The number of parasites per μL of blood was quantified using a reference curve. The reference curve was prepared by consecutive serial dilution (from 1:1 to 1:1,000,000) in nuclease-free water of DNA extracted from a quantified P. falciparum strain 3D7 containing 100,000 parasites per μL. This lyophilized DNA was donated by the Malaria Branch of the CDC in Atlanta, GA, USA. Using this standard curve, the number of parasites per μL present in the sample was estimated based on the Ct value (Supplementary Figure S1).
To verify the presence of P. vivax in the positive samples, a nested PCR (nPCR) method that targeted the Pvmsp3α and Pvmsp3ß genes was conducted [20]. Pvmsp3α was amplified using a final volume of 25 μL. The mixture consisted of 12.5 μL of KOD DNA Polymerase Master Mix (Sigma-Aldrich, Darmstadt, Germany), 1.0 μL of each primer (10 μM) (Table 1), 9.5 μL of nuclease-free water, and 1 μL of DNA. A subsequent nested reaction was conducted using identical concentrations to the previous one. The amplification conditions for both reactions consisted of an initial denaturation step at 98 °C for 30 s, followed by 35 cycles of denaturation at 98 °C for 10 s, annealing at 54 °C for 10 s, and extension at 68 °C for 30 s. The reactions concluded with a final extension step at 68 °C for 2 min. After the visualization of amplification bands in the nested reaction, the size of the amplicon was registered. Pvmsp3ß was amplified using a reaction mixture consisting of 12.5 μL of KOD DNA Polymerase Master Mix (Sigma-Aldrich, Darmstadt, Germany), 1.0 μL of each primer (10 μM) (Table 1), 8 μL of nuclease-free water, and 2.5 μL of DNA. A nested reaction was conducted using identical concentrations as the initial one, except that just one microliter of DNA and 9.5 μL of nuclease-free water were used. The amplification program was the same as for Pvmsp3α.
Samples positive for P. falciparum were confirmed by amplification of the Pfmsp1 gene by a nPCR as previously described [18,19]. Primary and secondary PCRs were performed in a total volume of 50 μL containing 25 μL of KOD polymerase and 10 μL and 1 μL of DNA, respectively.

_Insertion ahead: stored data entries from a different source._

-- ===== src/Intern.antt =====
-- The interned strings of cpp/src/string.cpp. A string object has an address that is never given
-- twice; a list of strings that share a main index is the list from its head.
pub mod Growth
use Prim.Native.Nat.{bit_xor}
use lulu.Prelude.{
  ℕ, zero, suc, ◌+◌, ◌-◌, ◌*◌, ◌%◌, ◌^◌, ◌≤◌, ◌<◌, Bool, true, false, ◌&&◌, Option, none, some,
  List, [], ◌∷◌, ltb, ◌==◌, if◌then◌else◌, bit_and, length, get_or, set, replicate,
}
use lulu.Value.Hash.{fnv1a_offset, hash_round}

pub record OString : Type 0 where
  pub address : ℕ
  pub hash : ℕ
  pub text : List ℕ

-- `next_address` is that of the next object.
pub record Intern : Type 0 where
  pub table : List (List OString)
  pub count : ℕ
  pub next_address : ℕ

-- `static_cast<u32>(c)` of a signed `char`.
abbrev pub char_to_u32 : ℕ → ℕ
char_to_u32 c = if ltb c 128 then c else 2 ^ 32 - 256 + c

unfoldable pub hash_chars : ℕ → List ℕ → ℕ
hash_chars hash [] = hash
hash_chars hash (c ∷ cs) = hash_chars (hash_round hash (char_to_u32 c)) cs

unfoldable pub hash_string : List ℕ → ℕ
hash_string text = hash_chars fnv1a_offset text

unfoldable pub intern_clamp_index : ℕ → ℕ → ℕ
intern_clamp_index hash cap = bit_and hash (cap - 1)

-- A string becomes the head of its list.
unfoldable pub chain : List (List OString) → ℕ → OString → List (List OString)
chain table i s = set table i (s ∷ get_or table i [])

-- The inner loop of `intern_resize`.
unfoldable pub rehash_list : ℕ → List OString → List (List OString) → List (List OString)
rehash_list new_cap [] new_table = new_table
rehash_list new_cap (s ∷ list) new_table =
    rehash_list new_cap list (chain new_table (intern_clamp_index s.hash new_cap) s)

unfoldable pub rehash_lists : ℕ → List (List OString) → List (List OString) → List (List OString)
rehash_lists new_cap [] new_table = new_table
rehash_lists new_cap (list ∷ lists) new_table =
    rehash_lists new_cap lists (rehash_list new_cap list new_table)

unfoldable pub intern_resize : Intern → ℕ → Intern
intern_resize t new_cap = record t { table = rehash_lists new_cap t.table (replicate new_cap []) }

-- `slice_eq`
unfoldable pub slice_eq : List ℕ → List ℕ → Bool
slice_eq [] [] = true
slice_eq (a ∷ as') (b ∷ bs) = (a == b) && slice_eq as' bs
slice_eq _ _ = false

-- The loop of `ostring_new`.
unfoldable pub find_string : List OString → ℕ → List ℕ → Option OString
find_string [] hash text = none
find_string (s ∷ list) hash text =
    if (s.hash == hash) && slice_eq text s.text then some s else find_string list hash text

-- `ostring_new`: the string and the table.
unfoldable pub ostring_new : Intern → List ℕ → OString × Intern
ostring_new t text =
    let hash = hash_string text in
    let n = length t.table in
    let i = intern_clamp_index hash n in
    let s : OString = record { address = t.next_address; hash = hash; text = text } in
    let added = record t { table = chain t.table i s; next_address = t.next_address + 1 } in
    let resized = if ltb n (t.count + 1) then intern_resize added (n * 2) else added in
    elim (find_string (get_or t.table i []) hash text) [
      | some found ↦ (found, t)
      | none ↦ (s, record resized { count = t.count + 1 })
    ]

Three secondary and independent PCRs were run for each allelic family using specific oligonucleotides (Table 1). Cycle conditions for primary PCR were 98 °C for 30 s; 30 cycles of 98 °C for 10 s, 54 °C for 10 s, and 68 °C for 30 s; and a final extension at 68 °C for 2 min. One μL of primary PCR product was amplified in the two nested PCR reactions with the following cycle conditions: 98 °C for 1 min; 35 cycles of 98 °C for 10 s, 58–59 °C for 10 s, and 68 °C for 30 s; and one final step of 68 °C for 2 min. Separate reactions were required to amplify one out of three possible allelic families: K1, MAD20, and RO33.

3. Results

A total of 138 participants were enrolled from 81 households. Most subjects were female (n = 91, 65.9%). The mean age was 41.8 years (standard deviation = 18.2; median = 40) and most of them were homemakers (n = 77, 55.8%).
Most subjects did not travel outside the community within the last three months (n = 119, 86.2%), eight reported a previous malaria case in the last twelve months (5.8%), and twenty-eight reported a previous case in the household during the last month (20.3%).

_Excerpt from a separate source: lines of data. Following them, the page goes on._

-- ===== src/Intern/Growth.antt =====
-- What a resize of the string table of cpp/src/string.cpp keeps, and interning a text again.
use lulu.Prelude.{
  ℕ, zero, suc, ◌+◌, ◌-◌, ◌/◌, ◌%◌, ◌^◌, ◌<◌, ◌≡◌, refl, sym, ◌∙◌, ap, Bool, true, false, inl, inr,
  none, some, Option-cases, List, [], ◌∷◌, ltb, ◌==◌, if◌then◌else◌, bit_and, length, get_or, set,
  replicate, arith, length-set, length-replicate,
}
use lulu.Prelude.Bits.{bit_and_mask}
use native.Mathlib.Nat.{one-le-pow, div-add-mod', mod-lt}
use lulu.Intern.{
  OString, Intern, intern_clamp_index, chain, rehash_list, rehash_lists, intern_resize, slice_eq,
  find_string, ostring_new, hash_string,
}

module _ (p : OString → Bool) where
  -- The strings of a list, and of a table, for which `p` holds.
  unfoldable pub count_list : List OString → ℕ
  count_list [] = 0
  count_list (s ∷ list) = (if p s then 1 else 0) + count_list list

  unfoldable pub count_table : List (List OString) → ℕ
  count_table [] = 0
  count_table (list ∷ lists) = count_list list + count_table lists

  count_table-chain :
      (table : List (List OString)) (i : ℕ) (s : OString)
      → i < length table
      → count_table (chain table i s) ≡ (if p s then 1 else 0) + count_table table
  unfolding count_table count_list chain
  count_table-chain [] i s h = absurd (omega arith)
  count_table-chain (list ∷ lists) zero s h = omega arith
  count_table-chain (list ∷ lists) (suc i) s h =
      omega (arith, count_table-chain lists i s (omega arith))

  count_table-replicate : (n : ℕ) → count_table (replicate n []) ≡ 0
  unfolding count_table count_list
  count_table-replicate zero = refl
  count_table-replicate (suc n) = omega (arith, count_table-replicate n)

intern_clamp_index-lt : (hash k : ℕ) → intern_clamp_index hash (2 ^ k) < 2 ^ k
unfolding intern_clamp_index
intern_clamp_index-lt hash k =
    let split = div-add-mod' hash (2 ^ k) in
    let rest = mod-lt hash (one-le-pow k 2 (omega arith)) in
    let masked = bit_and_mask k (hash / 2 ^ k) (hash % 2 ^ k) rest in
    let same : bit_and hash (2 ^ k - 1) ≡ hash % 2 ^ k =
      ap (λ h. bit_and h (2 ^ k - 1)) (sym split) ∙ masked in
    omega (arith, same, rest)

module _ (p : OString → Bool) (k : ℕ) where
  length-chain :
      (table : List (List OString)) (i : ℕ) (s : OString) → length (chain table i s) ≡ length table
  unfolding chain
  length-chain table i s = length-set table i _

  rehash_list-count :
      (list : List OString) (table : List (List OString))
      → length table ≡ 2 ^ k
      → (length (rehash_list (2 ^ k) list table) ≡ 2 ^ k)
        × (count_table p (rehash_list (2 ^ k) list table) ≡ count_list p list + count_table p table)
  unfolding rehash_list count_list
  rehash_list-count [] table h = (h, omega arith)
  rehash_list-count (s ∷ list) table h =
      let i = intern_clamp_index s.hash (2 ^ k) in
      let (len, count) = rehash_list-count list (chain table i s) (length-chain table i s ∙ h) in
      (
        len,
        omega (
          arith,
          count,
          count_table-chain p table i s (omega (arith, h, intern_clamp_index-lt s.hash k)),
        ),
      )

  rehash_lists-count :
      (lists table : List (List OString))
      → length table ≡ 2 ^ k
      → (length (rehash_lists (2 ^ k) lists table) ≡ 2 ^ k)
        × (count_table p (rehash_lists (2 ^ k) lists table)
            ≡ count_table p lists + count_table p table)
  unfolding rehash_lists count_table
  rehash_lists-count [] table h = (h, omega arith)
  rehash_lists-count (list ∷ lists) table h =
      let (len, count) = rehash_list-count list table h in
      let (len', count') = rehash_lists-count lists (rehash_list (2 ^ k) list table) len in
      (len', omega (arith, count, count'))

  -- A resize to a power of two loses no string and makes none: as many strings as before have any
  -- property, and the table has the new size.
  pub intern_resize-count_table :
      (t : Intern)
      → (length (intern_resize t (2 ^ k)).table ≡ 2 ^ k)
        × (count_table p (intern_resize t (2 ^ k)).table ≡ count_table p t.table)
  unfolding intern_resize
  intern_resize-count_table t =
      let (len, count) =
        rehash_lists-count t.table (replicate (2 ^ k) []) (length-replicate (2 ^ k) []) in
      (len, omega (arith, count, count_table-replicate p (2 ^ k)))

slice_eq_refl : (text : List ℕ) → slice_eq text text ≡ true
unfolding slice_eq
slice_eq_refl [] = refl
slice_eq_refl (a ∷ text) = ground (arith, slice_eq_refl text)

get_or-set_self :
    (table : List (List OString)) (i : ℕ) (list : List OString)
    → i < length table
    → get_or (set table i list) i [] ≡ list
get_or-set_self [] i list h = absurd (omega arith)
get_or-set_self (l ∷ table) zero list h = refl
get_or-set_self (l ∷ table) (suc i) list h = get_or-set_self table i list (omega arith)

-- The list of strings that a text is looked up in.
abbrev bucket : Intern → List ℕ → List OString
bucket t text = get_or t.table (intern_clamp_index (hash_string text) (length t.table)) []

ostring_new-found :
    (t : Intern) (text : List ℕ) (s : OString)
    → find_string (bucket t text) (hash_string text) text ≡ some s
    → ostring_new t text ≡ (s, t)
unfolding ostring_new
ostring_new-found t text s h = ground (arith, h)

-- The string that is new, and the table with it.
abbrev new_string : Intern → List ℕ → OString
new_string t text = record { address = t.next_address; hash = hash_string text; text = text }

abbrev added : Intern → List ℕ → Intern
added t text = record t {
  table =
      chain t.table (intern_clamp_index (hash_string text) (length t.table)) (new_string t text);
  count = t.count + 1;
  next_address = t.next_address + 1;
}

ostring_new-none :
    (t : Intern) (text : List ℕ)
    → find_string (bucket t text) (hash_string text) text ≡ none
    → t.count < length t.table
    → ostring_new t text ≡ (new_string t text, added t text)
unfolding ostring_new
ostring_new-none t text h room =
    let q : ltb (length t.table) (t.count + 1) ≡ false = ground arith in ground (arith, h, q)

find_string-added :
    (t : Intern) (text : List ℕ) (k : ℕ)
    → length t.table ≡ 2 ^ k
    → find_string (bucket (added t text) text) (hash_string text) text ≡ some (new_string t text)
unfolding find_string chain
find_string-added t text k len =
    let i = intern_clamp_index (hash_string text) (length t.table) in
    let inside : i < length t.table = rw len (intern_clamp_index-lt (hash_string text) k) in
    let there = get_or-set_self t.table i (new_string t text ∷ get_or t.table i []) inside in
    let same = length-set t.table i (new_string t text ∷ get_or t.table i []) in
    let own : (hash_string text == hash_string text) ≡ true = ground arith in
    rw (same, there, own, slice_eq_refl text) refl

-- Interning a text again gives the same string and changes nothing, where the first time does not make
-- the table, of a size that is a power of two, grow.
pub ostring_new-again :
    (t : Intern) (text : List ℕ) (k : ℕ)
    → length t.table ≡ 2 ^ k
    → t.count < 2 ^ k
    → ostring_new (ostring_new t text).1 text ≡ ostring_new t text
ostring_new-again t text k len room =
    elim (Option-cases (find_string (bucket t text) (hash_string text) text)) [
      | inr (s, q) ↦ let e = ostring_new-found t text s q in rw e e
      | inl q ↦
          let e = ostring_new-none t text q (omega (arith, len)) in
          rw e (
            ostring_new-found (added t text) text (new_string t text)
              (find_string-added t text k len))
    ]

All the participants tested negative for malaria using RDT. However, 17 individuals (12.3%) tested positive for the presence of the Plasmodium genus using PET-PCR amplification, with a Ct value of 44 or below (Supplementary Table S1). Twelve (8.7%) of these seventeen samples returned a Ct value of 42 or less. The mean Ct value of all positive samples for the genus Plasmodium spp. was 40.6 [34.8–44.1], with a standard deviation of 2.7. Fourteen samples, including those with Ct values over 42, were positive for the markers Pvmsp3α, Pvmsp3ß, and Pfmsp1, thereby confirming the presence of infections with extremely low parasitemias (Figure 2).
The mean age of cases positive for the genus Plasmodium was 42.9 years and women accounted for most cases with 82.4% (n = 14). Among the eight people who reported having malaria in the previous 12 months, two tested positive for the parasite by PET-PCR. Statistical analysis showed an association between previous cases in the house within the last 30 days and current malaria positivity (Fisher exact test p < 0.05, 95CI: 0.94–11.43, OR 3.3). No other epidemiological variables were associated with malaria positivity.

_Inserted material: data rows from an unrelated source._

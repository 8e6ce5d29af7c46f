-- ===== src/Lexer.antt =====
-- cpp/src/lexer.hpp, lexer.cpp, stream.hpp: the state of the lexer and its basic moves. An `int`
-- character is kept as its low byte, so `STREAM_END`, -1, is 255, and so is a byte 0xFF of the text,
-- which the source cannot tell from the end either (`char` is signed).
pub mod Tokens
pub mod Loops
pub mod Numbers
pub mod Strings
pub mod Lex
pub mod Progress
pub mod Munch
pub mod Runs
pub mod Quoting
pub mod Long
pub mod Fixed
use lulu.Prelude.{
  ℕ, ◌+◌, suc, Bool, true, false, ◌||◌, List, [], ◌∷◌, ◌++◌, ltb, ◌==◌, if◌then◌else◌, length,
}

-- The reader function is the list of the blocks it will return, and has no more data behind the
-- last; an empty block stands for `n == 0` or a null pointer.
pub record Stream : Type 0 where
  pub remaining : List ℕ
  pub reader : List (List ℕ)

pub record Lexer : Type 0 where
  pub line : ℕ
  pub character : ℕ
  pub stream : Stream
  pub buffer : List ℕ

pub data Reason : Type 0 where
  unterminated_multiline invalid_prefix malformed_number invalid_escape : Reason
  unexpected_character : Reason
  expected invalid_base : ℕ → Reason

-- A syntax error carries its line and the lexeme it is near; `failed_assertion` is a `lulu_assert`.
pub data Result {ℓ} (A : Type ℓ) : Type ℓ where
  ok : A → Result A
  err : Reason → ℕ → List ℕ → Result A
  failed_assertion out_of_fuel : Result A

infixl 5 ◌>>=◌
abbrev pub ◌>>=◌ {ℓ κ} : {A : Type ℓ} {B : Type κ} → Result A → (A → Result B) → Result B
ok a >>= f = f a
err why l near >>= f = err why l near
failed_assertion >>= f = failed_assertion
out_of_fuel >>= f = out_of_fuel

abbrev pub stream_end : ℕ
stream_end = 255

-- `Stream::fill`
unfoldable pub fill_block : List (List ℕ) → ℕ × Stream
fill_block [] = (stream_end, record { remaining = []; reader = [] })
fill_block ([] ∷ blocks) = (stream_end, record { remaining = []; reader = blocks })
fill_block ((c ∷ cs) ∷ blocks) = (c, record { remaining = cs; reader = blocks })

pub get_char_from : List ℕ → List (List ℕ) → ℕ × Stream
unfolding fill_block
get_char_from [] blocks = fill_block blocks
get_char_from (c ∷ cs) blocks = (c, record { remaining = cs; reader = blocks })

unfoldable pub get_char : Stream → ℕ × Stream
unfolding get_char_from
get_char z = get_char_from z.remaining z.reader

unfoldable pub is_eof : Lexer → Bool
is_eof x = x.character == stream_end

unfoldable pub advance : Lexer → ℕ × Lexer
unfolding get_char
advance x = let (c, z) = get_char x.stream in (x.character, record x { character = c; stream = z })

unfoldable pub lexer_make : Stream → Lexer
unfolding advance
lexer_make z = (advance (record { line = 1; character = 0; stream = z; buffer = [] })).1

unfoldable pub save : Lexer → ℕ → Result Lexer
save x ch = if ltb ch 128 then ok (record x { buffer = x.buffer ++ ch ∷ [] }) else failed_assertion

unfoldable pub save_advance : Lexer → Result (ℕ × Lexer)
unfolding advance save
save_advance x = let (ch, y) = advance x in do z ← save y ch; ok (ch, z)

-- the two values of `advance_fn`
unfoldable pub advance_fn : Bool → Lexer → Result (ℕ × Lexer)
unfolding save_advance advance
advance_fn true x = save_advance x
advance_fn false x = ok (advance x)

unfoldable pub check : Lexer → ℕ → Bool
check x ch = x.character == ch

unfoldable pub check2 : Lexer → ℕ → ℕ → Bool
unfolding check
check2 x first second = check x first || check x second

unfoldable pub match_char : Lexer → ℕ → Bool × Lexer
unfolding check advance
match_char x ch = if check x ch then (true, (advance x).1) else (false, x)

unfoldable pub match_save : Lexer → ℕ → Result (Bool × Lexer)
unfolding check save_advance
match_save x ch = if check x ch then (do (c, y) ← save_advance x; ok (true, y)) else ok (false, x)

unfoldable pub match2_save : Lexer → ℕ → ℕ → Result (Bool × Lexer)
unfolding match_save
match2_save x first second = do
  (found, y) ← match_save x first
  if found then ok (true, y) else match_save y second

-- `error`, which gives the line of the lexer and the text of its buffer
abbrev pub error {ℓ} : {A : Type ℓ} → Lexer → Reason → Result A
error x why = err why x.line x.buffer

unfoldable pub expect : Lexer → ℕ → Result Lexer
unfolding match_char
expect x ch = let (found, y) = match_char x ch in if found then ok y else error y (expected ch)

-- The bytes that the stream has still to give, and with the current one: the fuel of the loops.
abbrev pub contents : List (List ℕ) → List ℕ
contents [] = []
contents (block ∷ blocks) = block ++ contents blocks

abbrev pub unread : Stream → List ℕ
unread z = z.remaining ++ contents z.reader

unfoldable pub size : Lexer → ℕ
unfolding is_eof
size x = if is_eof x then 0 else suc (length (unread x.stream))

All 17 samples that returned at least one positive result for malaria (genus) were subjected to PET-PCR specific for either P. falciparum or P. vivax. Out of the total number of samples, nine (6.5% of the total and 52.9% of the total positive samples) revealed amplification for P. falciparum. Out of the positive results, eight had a Ct value below 40, while one amplification had a Ct value of 40.3. The mean Ct value for the amplifications of P. falciparum was 38.3 [37.3–40.3], with a standard deviation of 0.92. Additionally, seven samples yielded a positive result at least once for P. vivax (5% of the total, and 41.2% of the total of positive samples). The mean Ct value for the amplifications of P. vivax was 39.5 [36.6–40.8], with a standard deviation of 1.7. One of the samples exhibited a mixed infection by both parasite species. However, two samples that were found to be positive for the genus Plasmodium (11.8% of all positive samples) did not show any amplification for any of the two species (Figure 2). The nine samples that tested positive for P. falciparum were found to belong to the K1 allelic subfamily of the Pfmsp1 gene.

4. Discussion

The study employed RDTs and ultrasensitive molecular approaches to assess the presence of asymptomatic malaria carriers in the Honduran Moskitia, a region with high malaria transmission rates (20 to 80 cases/1000 population). The PET-PCR analysis revealed that 8.7% of the subjects tested positive with a Ct value below 42, while 12% tested positive with a Ct value below 44. As expected, the PET-PCR method identified individuals with malaria parasitemia, while the RDTs were unable to detect it. Individuals were categorized as asymptomatic due to the absence of symptoms of malaria, despite having evidence of parasitemia. The parasitemias ranged between 100 parasites per μL and less than 0.25 p/μL. RDTs identified none of the cases, indicating that the method is less suited for this purpose. These results align with previous research that employed an active case detection strategy among people without symptoms, revealing positive cases despite a negative result from RDTs [10,12,21,22].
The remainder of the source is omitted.